━━ Records provided ━━

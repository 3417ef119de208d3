-- ===== src/Manager/Perms.antt =====
-- Permutations of the messages that the goroutines of internal/job/manager.go hold.
use mathlib.Core.List.{Perm, perm_middle}
use mathlib.Core.List.Perm
use golang_videoencoder_api.Prelude.{List, [], ◌∷◌, ◌++◌, append-nil, append_assoc, ◌≡◌, subst}

module _ {A : Type 0} where
  -- An element moves from the front of the second list to the front of the first.
  pub perm_taken :
      (xs ys rest buffer : List A) (x : A)
      → buffer ≡ x ∷ rest
      → Perm (xs ++ ((x ∷ ys) ++ rest)) (xs ++ (ys ++ buffer))
  perm_taken xs ys rest buffer x e = rw e (Perm.append_left xs (Perm.symm (perm_middle ys rest)))

  -- An element moves from inside a list to the end of the list in front of it.
  pub perm_done :
      (xs ys before after rest : List A) (x : A)
      → ys ≡ before ++ (x ∷ after)
      → Perm ((xs ++ (x ∷ [])) ++ ((before ++ after) ++ rest)) (xs ++ (ys ++ rest))
  perm_done xs ys before after rest x e =
      rw (e, append_assoc xs (x ∷ []) ((before ++ after) ++ rest))
        (Perm.append_left xs (Perm.append_right rest (Perm.symm (perm_middle before after))))

  pub perm_new :
      (xs ys results : List A) (x : A)
      → Perm (xs ++ ys) results
      → Perm (xs ++ (x ∷ ys)) (results ++ (x ∷ []))
  perm_new xs ys results x p = Perm.trans (perm_middle xs ys) (
      Perm.trans (Perm.cons x p) (
        Perm.symm (
          subst (λ (l : List A). Perm (results ++ (x ∷ [])) (x ∷ l)) (append-nil results)
            (perm_middle results []))))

━━━

:: Your objective ::
Both the line containing "perm_done xs ys" and the line containing "ys)) (results ++ (x ∷ []))" belong in the answer. Print them and every line above that falls between them exactly, and no others.

:: Written answer ::
  perm_done xs ys before after rest x e =
      rw (e, append_assoc xs (x ∷ []) ((before ++ after) ++ rest))
        (Perm.append_left xs (Perm.append_right rest (Perm.symm (perm_middle before after))))

  pub perm_new :
      (xs ys results : List A) (x : A)
      → Perm (xs ++ ys) results
      → Perm (xs ++ (x ∷ ys)) (results ++ (x ∷ []))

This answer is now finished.